If IoT Hub doesn't get the notification within the one-minute lock timeout duration, it sets the message back to Enqueued state. The device can attempt to receive the message again. To prevent the error from happening in the future, implement device side logic to complete the message within one minute of receiving the message. This one-minute time-out can't be changed.
You may see that your requests to IoT Hub fail with the error 429001 ThrottlingException.
This error occurs when IoT Hub throttling limits have been exceeded for the requested operation.
To resolve this error, check if you're hitting the throttling limit by comparing your Telemetry message send attempts metric against the limits specified above. You can also check the Number of throttling errors metric. For information about these metrics, see Device telemetry metrics. For information about how use metrics to help you monitor your IoT hub, see Monitor IoT Hub.
IoT Hub returns 429 ThrottlingException only after the limit has been violated for too long a period. This is done so that your messages aren't dropped if your IoT hub gets burst traffic. In the meantime, IoT Hub processes the messages at the operation throttle rate, which might be slow if there's too much traffic in the backlog. To learn more, see IoT Hub traffic shaping.
Consider scaling up your IoT Hub if you're running into quota or throttling limits.
500xxx Internal errors
You may see that your request to IoT Hub fails with an error that begins with 500 and/or some sort of "server error". Some possibilities are:
500001 ServerError: IoT Hub ran into a server-side issue.
500008 GenericTimeout: IoT Hub couldn't complete the connection request before timing out.
ServiceUnavailable (no error code): IoT Hub encountered an internal error.

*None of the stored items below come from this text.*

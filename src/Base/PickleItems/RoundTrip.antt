-- ===== src/Base/PickleItems/RoundTrip.antt =====
-- Whole sequences of items, written to a new pickle and read back.
use mathlib.Core.Path.{subst}
use lib_hh_old.Common.{
  ℕ, ◌+◌, ◌-◌, ◌^◌, ◌≤◌, ◌<◌, ◌≡◌, refl, sym, ap, ◌∙◌, Bool, true, false, Option, some, none, List,
  [], ◌∷◌, ◌++◌, append-nil, append_assoc, arith, length, length-append, if◌then◌else◌, All, map,
  drop, take, length-drop,
}
use lib_hh_old.Common
use lib_hh_old.Common.Slices.{slice, length-slice}
use lib_hh_old.Base.Pickle.{
  Pickle, Allocator, new_pickle, payload, payload_size, stored_payload_size,
}
use lib_hh_old.Base.Pickle.Layout.{IsOwned, written}
use lib_hh_old.Base.Pickle.Write.{Appended, Writes, trans-Appended, offset-Appended}
use lib_hh_old.Base.Pickle.Fresh.{new_pickle-Fresh}
use lib_hh_old.Base.PickleIterator.{PickleIterator, Reader, ◌>>=◌, pure, iterate}
use lib_hh_old.Base.PickleIterator.Reads.{Ahead}
use lib_hh_old.Base.PickleItems.{Item, Kind, Fits, encode, kind, write_item, read_item}
use lib_hh_old.Base.PickleItems.Write.{HasRoom, write_item-Writes}
use lib_hh_old.Base.PickleItems.Read.{Returns, >>=-Returns, pure-Returns, read_item-Returns}

unfoldable pub write_items : Allocator → Pickle → List Item → Option (Pickle × Bool)
write_items alloc p [] = some (p, true)
write_items alloc p (x ∷ xs) =
    Common.◌>>=◌ (write_item alloc p x)
      λ r. if r.1 then write_items alloc r.0 xs else some (r.0, false)

unfoldable pub read_items : List Kind → Reader (List Item)
read_items [] = pure []
read_items (k ∷ ks) = read_item k >>= λ x. read_items ks >>= λ xs. pure (x ∷ xs)

abbrev pub encode_all : List Item → List ℕ
encode_all [] = []
encode_all (x ∷ xs) = encode x ++ encode_all xs

-- Nothing added.
refl-Appended : (p : Pickle) (block : List ℕ) → IsOwned p block → Appended p block [] p block
refl-Appended p block own = record {
  owned = own;
  same_header_size = refl;
  same_fields = refl;
  appended = sym (append-nil (written p block));
}

-- Writing items one after the other appends their encodings in order.
pub write_items-Writes :
    (alloc : Allocator) (p : Pickle) (block : List ℕ) (xs : List Item)
    → IsOwned p block
    → All Fits xs
    → HasRoom p (length (encode_all xs))
    → Writes p block (encode_all xs) (write_items alloc p xs)
unfolding write_items
write_items-Writes alloc p block [] own h room = (p, block, refl, refl-Appended p block own)
write_items-Writes alloc p block (x ∷ xs) own (hx, hxs) room =
    let total = length-append (encode x) (encode_all xs) in
    let (q, block', run, done) = write_item-Writes alloc p block own x hx (omega (arith, total)) in
    let (r, block'', run', done') =
      write_items-Writes alloc q block' xs done.owned hxs
        (omega (arith, total, offset-Appended p q block block' (encode x) own done)) in
    (
      r,
      block'',
      rw run run',
      trans-Appended p q r block block' block'' (encode x) (encode_all xs) done done',
    )

pub read_items-Returns :
    (xs : List Item) (rest : List ℕ) (it : PickleIterator)
    → All Fits xs
    → Ahead it (encode_all xs ++ rest)
    → Returns (read_items (map kind xs)) xs it rest
unfolding read_items
read_items-Returns [] rest it h ahead = pure-Returns [] it rest ahead
read_items-Returns (x ∷ xs) rest it (hx, hxs) ahead =
    >>=-Returns (read_item (kind x)) _ x (x ∷ xs) it (encode_all xs ++ rest) rest
      (read_item-Returns x (encode_all xs ++ rest) it hx
        (subst (Ahead it) (append_assoc (encode x) (encode_all xs) rest) ahead))
      (λ it' ahead'.
        >>=-Returns (read_items (map kind xs)) _ xs (x ∷ xs) it' rest rest
          (read_items-Returns xs rest it' hxs ahead')
          (λ it'' ahead''. pure-Returns (x ∷ xs) it'' rest ahead''))

-- An iterator over a well-formed pickle has the whole written payload before it.
pub iterate-Ahead :
    (p : Pickle) (block : List ℕ)
    → IsOwned p block
    → p.write_offset < 2 ^ 31
    → Ahead (iterate p) (written p block)
unfolding iterate payload payload_size
iterate-Ahead p block own small = rw own.header_eq (record {
  ordered = omega arith;
  bounded = omega (arith, own.in_sync, own.within, own.capacity_bound, small);
  inside = omega (arith, own.in_sync, own.filled, own.within, length-drop p.header_size block);
  present = refl;
  rest_eq = ap (λ n. take n (drop p.header_size block)) size_eq;
})
  where
    size_eq : stored_payload_size block - 0 ≡ p.write_offset
    size_eq = omega (arith, own.in_sync)

-- Every sequence of values that fit their types and 1 GB in all can be written to a new pickle, and
-- the reads of the same types in the same order return it and end at the end of the payload.
pub read_items-write_items :
    (alloc : Allocator) (xs : List Item)
    → All Fits xs
    → length (encode_all xs) + 4 ≤ 2 ^ 30
    → (p : Pickle) × (q : Pickle) × (it : PickleIterator) × (new_pickle alloc ≡ some p)
      × (write_items alloc p xs ≡ some (q, true))
      × (read_items (map kind xs) (iterate q) ≡ (some xs, it))
      × (it.read_index ≡ it.end_index)
read_items-write_items alloc xs h room =
    let (p, block, made, own, header, offset) =
      (new_pickle-Fresh alloc 4 (omega arith) (omega arith)).0 in
    let (q, block', run, done) = write_items-Writes alloc p block xs own h (omega arith) in
    let nothing : written p block ≡ [] = ap (λ n. slice p.header_size n block) offset in
    let payload_eq : written q block' ≡ encode_all xs ++ [] =
      done.appended ∙ ap (λ t. t ++ encode_all xs) nothing ∙ sym (append-nil (encode_all xs)) in
    let small = offset-Appended p q block block' (encode_all xs) own done in
    let (it, read, left) = read_items-Returns xs [] (iterate q) h (
      subst (Ahead (iterate q)) payload_eq
        (iterate-Ahead q block' done.owned (omega (arith, small)))) in
    (
      p,
      q,
      it,
      made,
      run,
      read,
      omega (
        arith,
        left.ordered,
        ap length left.rest_eq,
        length-slice it.read_index (it.end_index - it.read_index) it.payload
            (omega (arith, left.ordered, left.inside)),
      ),
    )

InternalServerError (no error code): IoT Hub encountered an internal error.
There can be a number of causes for a 500xxx error response. In all cases, the issue is most likely transient. While the IoT Hub team works hard to maintain the SLA, small subsets of IoT Hub nodes can occasionally experience transient faults. When your device tries to connect to a node that's having issues, you receive this error.
To mitigate 500xxx errors, issue a retry from the device. To automatically manage retries, make sure you use the latest version of the Azure IoT SDKs. For best practice on transient fault handling and retries, see Transient fault handling.
If the problem persists, check Resource Health and Azure Status to see if IoT Hub has a known problem. You can also use the manual failover feature.
If there are no known problems and the issue continues, contact support for further investigation.
You may see that requests to IoT Hub fail with the error 503003 PartitionNotFound.
This error is internal to IoT Hub and is likely transient. See IoT Hub internal server errors.
To resolve this error, see IoT Hub internal server errors.
When trying to invoke a direct method from IoT Hub to a device, you may see that the request fails with the error 504101 GatewayTimeout.
This error occurs because IoT Hub encountered an error and couldn't confirm if the direct method completed before timing out. Or, when using an earlier version of the Azure IoT C# SDK (<1.19.0), the AMQP link between the device and IoT Hub can be dropped silently because of a bug.
To resolve this error, issue a retry or upgrade to the latest version of the Azure IOT C# SDK.